WHAT YOU ARE ASKED TO DO
Count every line below that contains "temperature", then state the total with no other output.

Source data
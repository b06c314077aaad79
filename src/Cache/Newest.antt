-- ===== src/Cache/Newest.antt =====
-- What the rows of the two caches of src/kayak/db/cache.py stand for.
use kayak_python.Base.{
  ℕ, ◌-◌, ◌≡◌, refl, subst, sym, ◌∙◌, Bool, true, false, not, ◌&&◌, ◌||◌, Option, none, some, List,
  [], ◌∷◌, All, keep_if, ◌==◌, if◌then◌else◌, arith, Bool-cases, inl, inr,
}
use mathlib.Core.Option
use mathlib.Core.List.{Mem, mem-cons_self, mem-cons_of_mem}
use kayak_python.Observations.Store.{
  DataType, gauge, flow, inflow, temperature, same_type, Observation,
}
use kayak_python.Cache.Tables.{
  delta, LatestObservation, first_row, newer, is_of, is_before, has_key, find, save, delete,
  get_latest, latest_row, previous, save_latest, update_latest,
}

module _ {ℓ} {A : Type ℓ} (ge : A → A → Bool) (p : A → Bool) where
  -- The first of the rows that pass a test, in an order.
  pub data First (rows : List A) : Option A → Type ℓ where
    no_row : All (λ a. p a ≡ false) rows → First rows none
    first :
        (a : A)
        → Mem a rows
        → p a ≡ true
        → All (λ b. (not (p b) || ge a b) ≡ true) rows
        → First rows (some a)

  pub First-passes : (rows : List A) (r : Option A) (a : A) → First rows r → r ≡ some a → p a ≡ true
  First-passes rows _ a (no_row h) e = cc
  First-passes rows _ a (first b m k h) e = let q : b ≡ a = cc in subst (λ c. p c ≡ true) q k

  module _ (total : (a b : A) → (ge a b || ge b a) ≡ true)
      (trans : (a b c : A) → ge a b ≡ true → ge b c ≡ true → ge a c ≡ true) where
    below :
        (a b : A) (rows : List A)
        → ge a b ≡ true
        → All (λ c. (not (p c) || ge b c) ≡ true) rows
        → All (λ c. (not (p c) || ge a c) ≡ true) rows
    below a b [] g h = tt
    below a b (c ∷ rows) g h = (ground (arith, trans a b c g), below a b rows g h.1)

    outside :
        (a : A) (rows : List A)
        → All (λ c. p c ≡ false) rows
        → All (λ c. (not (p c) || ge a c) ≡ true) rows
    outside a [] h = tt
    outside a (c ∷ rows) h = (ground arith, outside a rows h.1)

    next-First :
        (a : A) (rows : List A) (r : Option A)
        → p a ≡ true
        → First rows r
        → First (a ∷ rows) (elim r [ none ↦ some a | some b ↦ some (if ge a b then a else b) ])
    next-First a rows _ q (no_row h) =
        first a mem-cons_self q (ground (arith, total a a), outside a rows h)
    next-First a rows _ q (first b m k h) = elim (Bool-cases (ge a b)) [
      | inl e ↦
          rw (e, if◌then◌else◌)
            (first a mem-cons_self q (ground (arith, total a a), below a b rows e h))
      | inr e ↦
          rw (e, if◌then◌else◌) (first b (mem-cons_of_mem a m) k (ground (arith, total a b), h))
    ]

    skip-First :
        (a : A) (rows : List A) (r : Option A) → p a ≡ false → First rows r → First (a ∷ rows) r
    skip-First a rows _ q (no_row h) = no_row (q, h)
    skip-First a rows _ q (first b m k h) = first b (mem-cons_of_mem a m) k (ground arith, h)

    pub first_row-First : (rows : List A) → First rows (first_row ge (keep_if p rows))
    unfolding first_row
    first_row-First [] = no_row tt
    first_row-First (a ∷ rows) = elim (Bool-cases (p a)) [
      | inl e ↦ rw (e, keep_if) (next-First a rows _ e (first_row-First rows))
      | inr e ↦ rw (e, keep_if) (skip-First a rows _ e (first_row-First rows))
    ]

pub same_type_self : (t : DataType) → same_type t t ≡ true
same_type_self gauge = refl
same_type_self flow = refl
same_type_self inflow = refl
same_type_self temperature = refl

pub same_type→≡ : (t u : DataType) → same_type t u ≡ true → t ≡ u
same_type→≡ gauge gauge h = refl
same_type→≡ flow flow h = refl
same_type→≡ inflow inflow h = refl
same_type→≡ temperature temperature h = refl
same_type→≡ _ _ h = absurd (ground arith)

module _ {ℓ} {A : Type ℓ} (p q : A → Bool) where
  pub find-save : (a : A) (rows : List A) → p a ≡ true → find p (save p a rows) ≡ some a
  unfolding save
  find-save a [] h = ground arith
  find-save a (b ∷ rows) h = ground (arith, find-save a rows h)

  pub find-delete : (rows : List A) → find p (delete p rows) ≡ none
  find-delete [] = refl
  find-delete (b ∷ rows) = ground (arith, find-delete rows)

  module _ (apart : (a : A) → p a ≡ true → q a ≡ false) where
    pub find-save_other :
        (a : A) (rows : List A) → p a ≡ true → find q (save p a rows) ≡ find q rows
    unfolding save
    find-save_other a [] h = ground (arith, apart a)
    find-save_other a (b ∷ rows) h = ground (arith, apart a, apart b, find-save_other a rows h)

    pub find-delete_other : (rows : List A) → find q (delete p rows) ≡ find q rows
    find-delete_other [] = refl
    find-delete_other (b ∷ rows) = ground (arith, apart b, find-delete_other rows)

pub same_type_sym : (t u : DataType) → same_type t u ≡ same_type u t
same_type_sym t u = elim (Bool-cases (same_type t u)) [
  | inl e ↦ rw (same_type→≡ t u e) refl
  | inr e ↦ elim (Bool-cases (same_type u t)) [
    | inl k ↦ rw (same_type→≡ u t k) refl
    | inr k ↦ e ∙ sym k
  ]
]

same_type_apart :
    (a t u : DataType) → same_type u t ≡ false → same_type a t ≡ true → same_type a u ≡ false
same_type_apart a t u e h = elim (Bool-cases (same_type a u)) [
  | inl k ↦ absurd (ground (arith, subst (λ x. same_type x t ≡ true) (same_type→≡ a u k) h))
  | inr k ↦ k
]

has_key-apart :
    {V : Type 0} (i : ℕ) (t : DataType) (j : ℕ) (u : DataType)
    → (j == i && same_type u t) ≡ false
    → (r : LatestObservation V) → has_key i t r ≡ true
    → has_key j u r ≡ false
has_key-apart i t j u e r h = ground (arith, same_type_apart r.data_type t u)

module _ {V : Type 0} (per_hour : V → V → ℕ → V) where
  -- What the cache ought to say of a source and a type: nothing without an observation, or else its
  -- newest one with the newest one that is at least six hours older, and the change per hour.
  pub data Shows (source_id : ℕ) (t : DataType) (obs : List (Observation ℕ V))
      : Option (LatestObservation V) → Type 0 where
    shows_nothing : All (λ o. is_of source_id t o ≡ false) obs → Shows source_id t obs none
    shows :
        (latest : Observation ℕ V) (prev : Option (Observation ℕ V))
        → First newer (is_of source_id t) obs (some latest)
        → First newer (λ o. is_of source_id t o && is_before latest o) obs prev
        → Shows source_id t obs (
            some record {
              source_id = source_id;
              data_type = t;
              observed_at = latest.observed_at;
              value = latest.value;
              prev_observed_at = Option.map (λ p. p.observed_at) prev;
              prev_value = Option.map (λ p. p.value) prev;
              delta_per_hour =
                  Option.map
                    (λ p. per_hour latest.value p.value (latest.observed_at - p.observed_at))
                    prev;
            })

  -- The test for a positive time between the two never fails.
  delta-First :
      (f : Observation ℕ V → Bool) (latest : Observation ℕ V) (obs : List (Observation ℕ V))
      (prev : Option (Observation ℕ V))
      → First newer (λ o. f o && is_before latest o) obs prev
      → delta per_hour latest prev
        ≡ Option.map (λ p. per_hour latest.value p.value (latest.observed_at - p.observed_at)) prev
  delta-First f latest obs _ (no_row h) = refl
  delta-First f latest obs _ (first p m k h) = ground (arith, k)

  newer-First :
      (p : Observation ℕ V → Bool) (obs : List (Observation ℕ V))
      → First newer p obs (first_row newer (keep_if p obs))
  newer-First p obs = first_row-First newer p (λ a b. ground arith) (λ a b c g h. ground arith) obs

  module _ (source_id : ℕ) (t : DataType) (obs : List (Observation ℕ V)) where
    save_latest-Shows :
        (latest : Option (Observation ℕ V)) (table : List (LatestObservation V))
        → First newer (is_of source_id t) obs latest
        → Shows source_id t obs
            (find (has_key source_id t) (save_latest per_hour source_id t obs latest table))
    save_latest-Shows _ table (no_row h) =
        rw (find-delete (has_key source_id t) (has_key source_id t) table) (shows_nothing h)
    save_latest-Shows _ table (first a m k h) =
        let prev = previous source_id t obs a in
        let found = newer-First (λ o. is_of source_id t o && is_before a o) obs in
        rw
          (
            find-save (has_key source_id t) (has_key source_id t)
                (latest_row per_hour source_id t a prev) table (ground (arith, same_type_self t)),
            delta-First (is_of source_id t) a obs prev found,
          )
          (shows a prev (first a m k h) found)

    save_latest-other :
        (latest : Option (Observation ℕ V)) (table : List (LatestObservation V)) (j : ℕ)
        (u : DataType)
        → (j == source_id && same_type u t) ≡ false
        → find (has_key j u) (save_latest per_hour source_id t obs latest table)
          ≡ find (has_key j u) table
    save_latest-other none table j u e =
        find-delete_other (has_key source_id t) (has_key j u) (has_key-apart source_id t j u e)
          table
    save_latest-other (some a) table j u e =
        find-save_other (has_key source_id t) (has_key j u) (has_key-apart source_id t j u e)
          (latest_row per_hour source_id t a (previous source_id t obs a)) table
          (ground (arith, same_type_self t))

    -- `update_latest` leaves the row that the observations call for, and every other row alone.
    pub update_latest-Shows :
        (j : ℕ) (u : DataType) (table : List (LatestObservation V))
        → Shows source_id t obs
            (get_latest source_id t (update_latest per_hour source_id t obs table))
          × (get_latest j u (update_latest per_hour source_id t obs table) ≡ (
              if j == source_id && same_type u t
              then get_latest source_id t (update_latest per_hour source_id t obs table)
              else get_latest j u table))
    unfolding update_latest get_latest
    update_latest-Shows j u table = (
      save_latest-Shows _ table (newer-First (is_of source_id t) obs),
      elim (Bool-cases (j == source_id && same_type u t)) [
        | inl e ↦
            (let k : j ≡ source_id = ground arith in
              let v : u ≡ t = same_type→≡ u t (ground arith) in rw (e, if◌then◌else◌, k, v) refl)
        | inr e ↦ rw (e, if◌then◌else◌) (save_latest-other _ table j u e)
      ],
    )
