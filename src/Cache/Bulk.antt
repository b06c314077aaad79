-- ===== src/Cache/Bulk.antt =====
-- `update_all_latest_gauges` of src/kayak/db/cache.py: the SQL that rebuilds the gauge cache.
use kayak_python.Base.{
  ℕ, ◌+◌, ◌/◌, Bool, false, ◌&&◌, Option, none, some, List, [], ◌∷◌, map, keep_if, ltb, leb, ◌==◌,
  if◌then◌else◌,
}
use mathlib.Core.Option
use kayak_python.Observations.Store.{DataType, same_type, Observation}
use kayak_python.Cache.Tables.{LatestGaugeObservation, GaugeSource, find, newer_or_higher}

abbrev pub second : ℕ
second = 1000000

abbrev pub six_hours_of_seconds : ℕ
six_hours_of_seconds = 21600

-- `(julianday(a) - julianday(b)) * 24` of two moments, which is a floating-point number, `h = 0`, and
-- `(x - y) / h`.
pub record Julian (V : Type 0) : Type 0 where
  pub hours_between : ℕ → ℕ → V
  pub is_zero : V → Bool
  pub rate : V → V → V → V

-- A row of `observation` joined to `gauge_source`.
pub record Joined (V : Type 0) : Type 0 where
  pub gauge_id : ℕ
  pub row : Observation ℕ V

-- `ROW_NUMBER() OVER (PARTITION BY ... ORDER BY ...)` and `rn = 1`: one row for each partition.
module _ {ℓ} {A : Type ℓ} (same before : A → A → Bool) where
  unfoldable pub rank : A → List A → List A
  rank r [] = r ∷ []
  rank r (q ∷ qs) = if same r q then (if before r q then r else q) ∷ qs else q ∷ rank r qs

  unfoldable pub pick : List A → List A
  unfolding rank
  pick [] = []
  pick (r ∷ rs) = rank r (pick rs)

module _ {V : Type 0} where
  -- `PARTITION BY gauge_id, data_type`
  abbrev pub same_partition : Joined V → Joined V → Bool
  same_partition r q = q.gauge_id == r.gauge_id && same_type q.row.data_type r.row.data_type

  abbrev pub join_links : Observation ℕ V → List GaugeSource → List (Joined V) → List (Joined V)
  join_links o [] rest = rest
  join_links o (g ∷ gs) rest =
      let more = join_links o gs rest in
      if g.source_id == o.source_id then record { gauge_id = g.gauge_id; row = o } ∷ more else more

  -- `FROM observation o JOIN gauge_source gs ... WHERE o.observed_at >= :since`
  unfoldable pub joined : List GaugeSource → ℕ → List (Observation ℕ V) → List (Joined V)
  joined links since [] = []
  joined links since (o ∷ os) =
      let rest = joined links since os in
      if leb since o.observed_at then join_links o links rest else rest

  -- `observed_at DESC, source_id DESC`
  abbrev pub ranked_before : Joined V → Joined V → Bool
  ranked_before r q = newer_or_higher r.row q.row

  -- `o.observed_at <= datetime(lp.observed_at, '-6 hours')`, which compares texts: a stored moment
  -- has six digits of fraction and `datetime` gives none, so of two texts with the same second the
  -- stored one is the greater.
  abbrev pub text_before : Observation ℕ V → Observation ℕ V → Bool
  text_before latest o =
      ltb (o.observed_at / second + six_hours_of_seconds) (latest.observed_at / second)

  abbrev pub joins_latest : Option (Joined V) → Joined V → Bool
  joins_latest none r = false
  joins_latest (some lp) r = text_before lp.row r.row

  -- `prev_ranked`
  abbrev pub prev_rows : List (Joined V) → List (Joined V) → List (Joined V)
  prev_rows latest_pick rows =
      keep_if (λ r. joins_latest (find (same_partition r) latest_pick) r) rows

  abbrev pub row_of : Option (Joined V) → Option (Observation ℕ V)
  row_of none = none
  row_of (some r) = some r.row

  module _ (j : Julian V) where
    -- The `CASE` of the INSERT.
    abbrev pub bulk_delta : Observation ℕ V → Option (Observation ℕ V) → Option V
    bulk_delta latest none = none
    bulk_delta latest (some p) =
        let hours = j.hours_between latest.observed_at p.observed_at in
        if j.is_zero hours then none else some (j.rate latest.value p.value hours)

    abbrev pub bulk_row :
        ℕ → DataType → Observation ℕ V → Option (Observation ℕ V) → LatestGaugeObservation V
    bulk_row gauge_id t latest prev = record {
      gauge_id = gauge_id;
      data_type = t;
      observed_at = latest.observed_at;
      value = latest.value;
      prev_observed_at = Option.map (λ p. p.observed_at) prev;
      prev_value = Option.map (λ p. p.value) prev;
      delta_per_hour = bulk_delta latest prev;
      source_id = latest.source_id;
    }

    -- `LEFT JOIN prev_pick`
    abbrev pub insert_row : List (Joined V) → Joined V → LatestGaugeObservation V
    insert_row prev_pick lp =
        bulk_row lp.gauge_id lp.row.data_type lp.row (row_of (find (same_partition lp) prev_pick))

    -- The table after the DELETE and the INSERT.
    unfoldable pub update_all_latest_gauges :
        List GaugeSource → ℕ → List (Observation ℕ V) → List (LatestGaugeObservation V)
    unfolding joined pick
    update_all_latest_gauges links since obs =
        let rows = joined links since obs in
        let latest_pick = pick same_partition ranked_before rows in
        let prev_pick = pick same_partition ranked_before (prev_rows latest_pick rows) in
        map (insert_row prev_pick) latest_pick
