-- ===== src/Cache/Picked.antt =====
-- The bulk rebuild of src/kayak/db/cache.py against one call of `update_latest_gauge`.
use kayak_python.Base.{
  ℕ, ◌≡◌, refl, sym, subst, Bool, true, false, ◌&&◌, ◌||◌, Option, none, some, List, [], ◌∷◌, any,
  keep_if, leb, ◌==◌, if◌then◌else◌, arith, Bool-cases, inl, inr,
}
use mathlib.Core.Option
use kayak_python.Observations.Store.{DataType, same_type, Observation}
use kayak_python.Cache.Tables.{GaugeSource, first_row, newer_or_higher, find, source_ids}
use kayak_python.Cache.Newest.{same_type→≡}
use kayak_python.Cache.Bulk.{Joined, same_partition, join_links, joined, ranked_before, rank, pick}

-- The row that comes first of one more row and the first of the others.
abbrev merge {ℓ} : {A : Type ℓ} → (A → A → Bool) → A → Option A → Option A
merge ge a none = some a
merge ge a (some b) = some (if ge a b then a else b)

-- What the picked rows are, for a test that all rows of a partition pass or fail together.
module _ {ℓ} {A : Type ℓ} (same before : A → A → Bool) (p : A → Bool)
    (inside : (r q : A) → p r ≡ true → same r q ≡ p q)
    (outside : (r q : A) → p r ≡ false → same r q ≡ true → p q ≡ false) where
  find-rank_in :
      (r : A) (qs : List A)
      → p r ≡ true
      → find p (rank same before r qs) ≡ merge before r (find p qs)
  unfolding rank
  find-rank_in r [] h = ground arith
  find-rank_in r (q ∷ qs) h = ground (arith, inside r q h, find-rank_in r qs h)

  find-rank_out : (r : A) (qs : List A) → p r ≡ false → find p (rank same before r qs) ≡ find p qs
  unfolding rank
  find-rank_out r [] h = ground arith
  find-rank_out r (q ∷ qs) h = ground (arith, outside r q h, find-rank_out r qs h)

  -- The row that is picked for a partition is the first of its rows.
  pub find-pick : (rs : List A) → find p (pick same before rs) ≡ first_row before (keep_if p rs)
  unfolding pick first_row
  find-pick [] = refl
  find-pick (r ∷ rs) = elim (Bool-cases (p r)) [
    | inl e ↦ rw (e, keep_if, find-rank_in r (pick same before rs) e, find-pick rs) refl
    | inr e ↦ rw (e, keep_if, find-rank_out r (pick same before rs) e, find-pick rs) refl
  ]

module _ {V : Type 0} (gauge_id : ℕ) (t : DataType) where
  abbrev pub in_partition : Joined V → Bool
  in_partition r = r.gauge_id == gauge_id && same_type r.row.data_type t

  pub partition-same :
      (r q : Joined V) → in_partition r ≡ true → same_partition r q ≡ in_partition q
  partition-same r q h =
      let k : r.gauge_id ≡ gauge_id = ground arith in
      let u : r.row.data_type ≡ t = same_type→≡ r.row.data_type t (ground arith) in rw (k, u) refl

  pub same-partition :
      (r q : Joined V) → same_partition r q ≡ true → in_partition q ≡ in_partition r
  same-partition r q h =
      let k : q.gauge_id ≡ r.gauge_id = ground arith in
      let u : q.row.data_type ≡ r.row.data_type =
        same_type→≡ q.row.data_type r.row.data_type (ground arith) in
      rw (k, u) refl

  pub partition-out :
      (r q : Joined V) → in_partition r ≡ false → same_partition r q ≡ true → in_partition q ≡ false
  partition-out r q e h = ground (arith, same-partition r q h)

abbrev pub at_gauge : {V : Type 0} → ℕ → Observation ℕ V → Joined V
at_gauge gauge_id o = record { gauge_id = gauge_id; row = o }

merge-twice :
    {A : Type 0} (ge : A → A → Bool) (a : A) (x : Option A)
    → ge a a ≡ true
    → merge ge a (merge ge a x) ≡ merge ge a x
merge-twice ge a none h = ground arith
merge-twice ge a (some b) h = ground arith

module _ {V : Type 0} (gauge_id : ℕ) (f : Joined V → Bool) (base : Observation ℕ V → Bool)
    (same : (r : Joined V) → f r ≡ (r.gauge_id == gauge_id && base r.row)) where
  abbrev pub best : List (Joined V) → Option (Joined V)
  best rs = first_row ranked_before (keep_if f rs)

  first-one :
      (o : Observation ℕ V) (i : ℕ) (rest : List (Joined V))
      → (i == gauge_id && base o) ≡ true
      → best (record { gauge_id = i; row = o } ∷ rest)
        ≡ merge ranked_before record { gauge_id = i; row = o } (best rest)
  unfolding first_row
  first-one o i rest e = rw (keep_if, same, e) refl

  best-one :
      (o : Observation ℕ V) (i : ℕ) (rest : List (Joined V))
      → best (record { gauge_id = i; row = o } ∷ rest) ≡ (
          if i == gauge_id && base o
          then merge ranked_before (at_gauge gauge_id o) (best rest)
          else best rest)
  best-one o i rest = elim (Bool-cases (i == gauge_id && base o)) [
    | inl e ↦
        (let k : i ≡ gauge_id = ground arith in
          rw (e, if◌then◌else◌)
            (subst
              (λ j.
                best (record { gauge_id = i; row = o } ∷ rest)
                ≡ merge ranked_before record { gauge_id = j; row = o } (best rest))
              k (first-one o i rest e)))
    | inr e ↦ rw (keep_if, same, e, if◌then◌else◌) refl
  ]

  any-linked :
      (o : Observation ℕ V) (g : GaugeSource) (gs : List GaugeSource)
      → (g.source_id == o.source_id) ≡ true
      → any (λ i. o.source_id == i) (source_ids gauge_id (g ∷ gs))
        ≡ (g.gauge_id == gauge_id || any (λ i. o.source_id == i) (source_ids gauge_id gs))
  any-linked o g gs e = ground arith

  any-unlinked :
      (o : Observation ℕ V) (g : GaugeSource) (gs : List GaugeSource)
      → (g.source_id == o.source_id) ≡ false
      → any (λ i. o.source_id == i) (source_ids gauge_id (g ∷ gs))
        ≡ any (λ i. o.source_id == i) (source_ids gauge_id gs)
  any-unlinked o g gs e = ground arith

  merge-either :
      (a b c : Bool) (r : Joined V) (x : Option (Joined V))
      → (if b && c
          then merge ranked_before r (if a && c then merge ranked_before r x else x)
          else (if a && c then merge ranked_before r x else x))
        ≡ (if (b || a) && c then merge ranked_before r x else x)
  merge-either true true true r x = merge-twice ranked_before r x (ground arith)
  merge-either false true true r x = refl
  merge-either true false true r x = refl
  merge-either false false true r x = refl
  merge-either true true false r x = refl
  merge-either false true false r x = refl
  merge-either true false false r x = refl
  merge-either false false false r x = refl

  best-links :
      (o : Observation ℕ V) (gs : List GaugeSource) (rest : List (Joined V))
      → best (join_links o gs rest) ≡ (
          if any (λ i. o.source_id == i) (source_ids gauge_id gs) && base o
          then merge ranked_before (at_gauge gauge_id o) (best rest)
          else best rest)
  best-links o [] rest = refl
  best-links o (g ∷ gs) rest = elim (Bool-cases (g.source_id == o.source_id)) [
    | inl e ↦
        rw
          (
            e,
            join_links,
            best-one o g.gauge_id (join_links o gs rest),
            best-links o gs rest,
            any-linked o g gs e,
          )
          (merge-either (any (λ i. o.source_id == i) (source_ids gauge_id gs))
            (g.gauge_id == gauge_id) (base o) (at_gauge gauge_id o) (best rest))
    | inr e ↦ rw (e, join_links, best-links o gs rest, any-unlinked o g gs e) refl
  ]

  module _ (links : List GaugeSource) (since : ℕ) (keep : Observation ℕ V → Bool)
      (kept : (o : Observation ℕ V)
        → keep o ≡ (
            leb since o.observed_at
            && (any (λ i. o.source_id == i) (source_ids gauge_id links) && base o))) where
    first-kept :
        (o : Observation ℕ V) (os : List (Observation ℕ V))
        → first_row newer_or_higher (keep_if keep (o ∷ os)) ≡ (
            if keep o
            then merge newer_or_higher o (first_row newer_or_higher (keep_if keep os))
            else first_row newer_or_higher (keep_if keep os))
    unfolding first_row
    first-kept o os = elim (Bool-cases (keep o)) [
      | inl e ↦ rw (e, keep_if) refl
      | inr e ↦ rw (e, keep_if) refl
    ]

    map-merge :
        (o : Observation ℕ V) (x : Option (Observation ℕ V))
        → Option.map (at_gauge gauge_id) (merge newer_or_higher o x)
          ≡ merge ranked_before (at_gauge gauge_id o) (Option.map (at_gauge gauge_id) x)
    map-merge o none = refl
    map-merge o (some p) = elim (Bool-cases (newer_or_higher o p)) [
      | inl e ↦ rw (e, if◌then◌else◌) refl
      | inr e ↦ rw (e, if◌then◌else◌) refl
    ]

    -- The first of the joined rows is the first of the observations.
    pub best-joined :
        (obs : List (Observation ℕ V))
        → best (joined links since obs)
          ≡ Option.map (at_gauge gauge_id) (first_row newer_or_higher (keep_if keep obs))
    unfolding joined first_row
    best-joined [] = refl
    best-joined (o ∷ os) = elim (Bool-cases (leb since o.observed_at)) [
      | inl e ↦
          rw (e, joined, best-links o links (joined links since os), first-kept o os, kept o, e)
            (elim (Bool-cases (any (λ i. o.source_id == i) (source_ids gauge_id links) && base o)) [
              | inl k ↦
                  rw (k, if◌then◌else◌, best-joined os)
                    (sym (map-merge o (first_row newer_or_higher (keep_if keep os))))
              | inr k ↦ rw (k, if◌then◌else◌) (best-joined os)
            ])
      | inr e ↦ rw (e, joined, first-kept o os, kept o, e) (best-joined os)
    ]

EXERCISE SOLUTION
3